What did you use for the conveyor belt?

Tom h


----------



## lownote (Jan 3, 2008)

HOMERIC!


----------



## wchasr (Jan 2, 2008)

Looks similar to the salt mines up near Mt Morris NY. I thought I took photos but they didn't turn out. Darn Cell phone camera! Nice job! 

Chas


----------



## chaingun (Jan 4, 2008)

Man that is great work Ron! My hats off to you on this one! 
Best, Ted


----------



## Steve Stockham (Jan 2, 2008)

Excellent work! I had to look twice to make sure the scale wasn't 1:1!


----------



## Torby (Jan 2, 2008)

That's just 'cause of that backdrop he has


----------



## MasonsDad (Feb 7, 2008)

That thing is Awesome , I love the natural backdrop it looks so real LOL. 
Seriously, it really looks great !! you have something to be proud of, you also did an outstanding job with it!!


----------



## Stan Cedarleaf (Jan 2, 2008)

That's great, Ron. Love the conveyor belt assembly.


----------



## up9018 (Jan 4, 2008)

WOW Ron, that looks great!!!


----------



## mgilger (Feb 22, 2008)

I forwarded this to a friend that wants to build a large coal operation. You did an excellent job.
Mark


----------



## Dennis Paulson (Jan 2, 2008)

Ron that is so impressive , it looks REAL !


----------



## aceinspp (Jan 2, 2008)

Looking good. fits right in and I love the trailer for housing folks. Later RJD


----------



## irondan (Jan 7, 2008)

That is a nice building, I like the details. Very realistic!


----------



## Nicholas Savatgy (Dec 17, 2008)

Nice job Ron, how tall is it?


----------



## Ron Senek (Jan 2, 2008)

Nick it is 3' tall 
Thanks for all the comments


----------



## Nicholas Savatgy (Dec 17, 2008)

Ron. very sweet.............Keep up the great work .....I so look forward to the additions you make to your RR looks great and thanks for posting pictures


----------



## Ron Senek (Jan 2, 2008)

Someday I might run out of room for buildings


----------



## Nicholas Savatgy (Dec 17, 2008)

Posted By Ron Senek on 23 Apr 2010 06:32 PM 
Someday I might run out of room for buildings 

Not likely.............


----------



## Dave F (Jan 2, 2008)

OK Ron, for your next project I think you need a refinery, like a 1:29 scale duplicte of the Sinclair refinery in Sinclair Wy, just north of I-80.

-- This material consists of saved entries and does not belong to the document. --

-- ===== src/Step/Sweep.antt =====
-- The sweep of `run` over the temporary packs of seeds that a killed push has left.
use kernelbuild_buildkit.Common.{
  Bool, ◌&&◌, List, [], ◌∷◌, if◌then◌else◌, Bytes, codes, has_prefix, has_suffix, drop,
}
use kernelbuild_buildkit.Step.Mount.{names}
use kernelbuild_buildkit.Step.Run.{M, ◌>>◌, return, remove}

-- filepath.Glob of .kbf-seed-*.tmp
unfoldable pub is_stale_seed : Bytes → Bool
unfolding has_prefix has_suffix
is_stale_seed name =
    has_prefix name (codes ".kbf-seed-") && has_suffix (drop 10 name) (codes ".tmp")

unfoldable pub remove_stale : List Bytes → M (Unit {0})
unfolding is_stale_seed
remove_stale [] = return tt
remove_stale (name ∷ ns) =
    let rest = remove_stale ns in if is_stale_seed name then (do remove name; rest) else rest

unfoldable pub sweep_seeds : M (Unit {0})
unfolding remove_stale names
sweep_seeds m = remove_stale (names m) m
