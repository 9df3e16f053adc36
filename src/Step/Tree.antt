-- ===== src/Step/Tree.antt =====
-- `prepareTree` and what it calls: the stamp, `nukeTree`, the seed, the extraction.
pub mod Laws
pub mod Stale
pub mod Fill
pub mod Crash
use kernelbuild_buildkit.Common.{
  Bool, true, false, not, ◌&&◌, ◌||◌, List, [], ◌∷◌, ◌++◌, if◌then◌else◌, Option, none, some, Bytes,
  codes, beq, is_empty, has_prefix, take,
}
use kernelbuild_buildkit.Seed.{SeedConfig}
use kernelbuild_buildkit.Step.Mount.{Mount, get, put, delete, names}
use kernelbuild_buildkit.Step.Run.{
  StepError, no_patches, unreadable_source, extract_failed, patch_failed, seed_pull_failed, Outcome,
  done, failed, M, ◌>>=◌, ◌>>◌, return, fail, read, change, write, remove,
}
use kernelbuild_buildkit.Step.Source.{Tarball, in_src, on_mount, acquire_source}
use kernelbuild_buildkit.Step.World.{World, Unpacked, Pulled, unreachable, no_such_key, stream}

abbrev pub stamp_name : Bytes
stamp_name = codes ".kbf-stamp"

abbrev pub seed_stamp_name : Bytes
seed_stamp_name = codes ".kbf-stamp.seed"

abbrev pub makefile_name : Bytes
makefile_name = codes "Makefile"

abbrev pub is_there : Option Bytes → Bool
is_there none = false
is_there (some f) = true

-- `treePresent`
abbrev pub tree_present : Mount → Bool
tree_present m = is_there (get makefile_name m)

-- `readStamp`
abbrev pub stamp_or_none : Option Bytes → Bytes
stamp_or_none none = codes "none"
stamp_or_none (some b) = b

abbrev pub read_stamp : Mount → Bytes
read_stamp m = stamp_or_none (get stamp_name m)

abbrev observe : {A : Type 0} → (Mount → A) → M A
observe f m = return (f m) m

-- Entries written one after the other, as a stream of a tarball is.
unfoldable pub write_all : List (Bytes × Bytes) → M (Unit {0})
write_all [] = return tt
write_all ((name, text) ∷ es) = do write name text; write_all es

-- The loop of `nukeTree` over the directory's entries.
unfoldable pub remove_all : List Bytes → M (Unit {0})
unfolding has_prefix
remove_all [] = return tt
remove_all (name ∷ ns) =
    let rest = remove_all ns in
    if has_prefix name (codes ".kbf-src") then rest else (do remove name; rest)

-- `nukeTree`
unfoldable pub nuke_tree : M (Unit {0})
unfolding remove_all names
nuke_tree m = remove_all (names m) m

-- `untarSeed` renames the stamp of the stream.
unfoldable pub quarantine : List (Bytes × Bytes) → List (Bytes × Bytes)
unfolding beq
quarantine [] = []
quarantine ((name, text) ∷ es) =
    (if beq name stamp_name then seed_stamp_name else name, text) ∷ quarantine es

abbrev pub text_or_empty : Option Bytes → Bytes
text_or_empty none = []
text_or_empty (some b) = b

abbrev pub found_bytes : Bytes → Option Bytes → M Bytes
found_bytes name none = fail (unreadable_source name)
found_bytes name (some body) = return body

-- The stamp, from the sum of the patches and the identity of the source; the sum fails first.
abbrev pub stamp_of : Outcome Bytes → Outcome Bytes → Outcome Bytes
stamp_of (failed e) id = failed e
stamp_of (done psha) (failed e) = failed e
stamp_of (done psha) (done id) = done (codes "src=" ++ (id ++ (codes " patches=" ++ psha)))

module _ (w : World) where
  unfoldable pub patches_sum : Outcome Bytes
  unfolding beq
  patches_sum =
      if beq w.env.apply_patches (codes "1")
      then elim (w.patch_series) [
        | none ↦ failed no_patches
        | some series ↦ done (take 16 (w.sha256_hex series))
      ]
      else done (codes "none")

  unfoldable pub source_identity : Outcome Bytes
  source_identity =
      if is_empty w.env.src_local then done w.env.src_id else elim (w.src_file w.env.src_local) [
        | none ↦ failed (unreadable_source w.env.src_local)
        | some body ↦ done (codes "local:" ++ w.sha256_hex body)
      ]

  -- `stampWant`
  unfoldable pub stamp_want : Outcome Bytes
  unfolding patches_sum source_identity
  stamp_want = stamp_of patches_sum source_identity

  -- The bytes of the tarball that `acquireSource` named.
  unfoldable pub tarball_bytes : Tarball → M Bytes
  tarball_bytes (in_src name) m = found_bytes name (w.src_file name) m
  tarball_bytes (on_mount name) m = found_bytes name (get name m) m

  abbrev tarball_name : Tarball → Bytes
  tarball_name (in_src name) = name
  tarball_name (on_mount name) = name

  unfoldable pub unpack_all : Unpacked → StepError → M (Unit {0})
  unfolding write_all
  unpack_all u e = do write_all u.entries; if u.complete then return tt else fail e

  -- `extractTarball`
  unfoldable pub extract_tarball : Tarball → M (Unit {0})
  unfolding tarball_bytes unpack_all
  extract_tarball src = do
    body ← tarball_bytes src
    unpack_all (w.unpack (tarball_name src) body) extract_failed

  unfoldable pub apply_patches : M (Unit {0})
  unfolding unpack_all
  apply_patches m = unpack_all (w.patched m) patch_failed m

  -- The pull of `seedPull` and `untarSeed`, with the cleaning of a stream that is cut short. The
  -- result says whether there was a seed.
  unfoldable pub pull_seed : Pulled → M Bool
  unfolding quarantine write_all nuke_tree
  pull_seed unreachable = fail seed_pull_failed
  pull_seed no_such_key = return false
  pull_seed (stream u) = do
    write_all (quarantine u.entries)
    if u.complete then return true else (do nuke_tree; fail seed_pull_failed)

  -- The comparison of the seed's stamp with the wanted one.
  unfoldable pub bless_seed : Bytes → M (Unit {0})
  unfolding beq nuke_tree
  bless_seed want = do
    seed_stamp ← read seed_stamp_name
    remove seed_stamp_name
    if beq (text_or_empty seed_stamp) want then write stamp_name want else nuke_tree

  unfoldable pub hydrate_seed : Bytes → M (Unit {0})
  unfolding pull_seed bless_seed
  hydrate_seed want = do found ← pull_seed w.pull_seed; if found then bless_seed want else return tt

  -- The tarball that was acquired for the replacement, or else now.
  unfoldable pub source_now : Option Tarball → M Tarball
  unfolding acquire_source
  source_now (some src) = return src
  source_now none = acquire_source w

  unfoldable pub extract_cold : Bytes → Option Tarball → M (Unit {0})
  unfolding source_now extract_tarball apply_patches beq
  extract_cold want src = do
    tarball ← source_now src
    extract_tarball tarball
    if beq w.env.apply_patches (codes "1") then apply_patches else return tt
    write stamp_name want

  -- A warm tree with another stamp: the replacement is proved before the tree goes.
  unfoldable pub discard_stale : Bytes → M (Option Tarball)
  unfolding acquire_source nuke_tree beq
  discard_stale want m =
      if tree_present m && not (beq (read_stamp m) want)
      then (do src ← acquire_source w; nuke_tree; return (some src)) m
      else return none m

  -- What is left of a tree without a Makefile is cleared.
  unfoldable pub clear_partial : M (Unit {0})
  unfolding nuke_tree
  clear_partial m = if tree_present m then return tt m else nuke_tree m

  unfoldable pub try_seed : Bytes → Option SeedConfig → M (Unit {0})
  unfolding hydrate_seed
  try_seed want none m = return tt m
  try_seed want (some seed) m = if tree_present m then return tt m else hydrate_seed want m

  unfoldable pub extract_if_absent : Bytes → Option Tarball → M (Unit {0})
  unfolding extract_cold
  extract_if_absent want src m = if tree_present m then return tt m else extract_cold want src m

  -- `prepareTree` behind its first line.
  unfoldable pub prepare_for : Bytes → Option SeedConfig → M (Unit {0})
  unfolding discard_stale clear_partial try_seed extract_if_absent
  prepare_for want seed = do
    src ← discard_stale want
    clear_partial
    try_seed want seed
    extract_if_absent want src

  -- `prepareTree` behind the stamp.
  abbrev pub prepare_with : Outcome Bytes → Option SeedConfig → M (Unit {0})
  prepare_with (failed e) seed = fail e
  prepare_with (done want) seed = prepare_for want seed

  -- `prepareTree`
  unfoldable pub prepare_tree : Option SeedConfig → M (Unit {0})
  unfolding stamp_want prepare_for
  prepare_tree seed = prepare_with stamp_want seed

I figure in 1:29 it should measure about 100' x 120' or so.. Of course you'd need about 1500' of copper pipe and assorted fittings..


----------



## Ron Senek (Jan 2, 2008)

Been by that refinery many times. That would be a very time consuming project. Maybe a scaled down version but then I would need more tank cars.


----------



## jgallaway81 (Jan 5, 2009)

Posted By Ron Senek on 23 Apr 2010 07:37 PM 
...but then I would need more tank cars. 
And with that pronouncement, Aristo, USA, MTH & LGB managers begin rubbing their hands in glee and cackling wickedly.


----------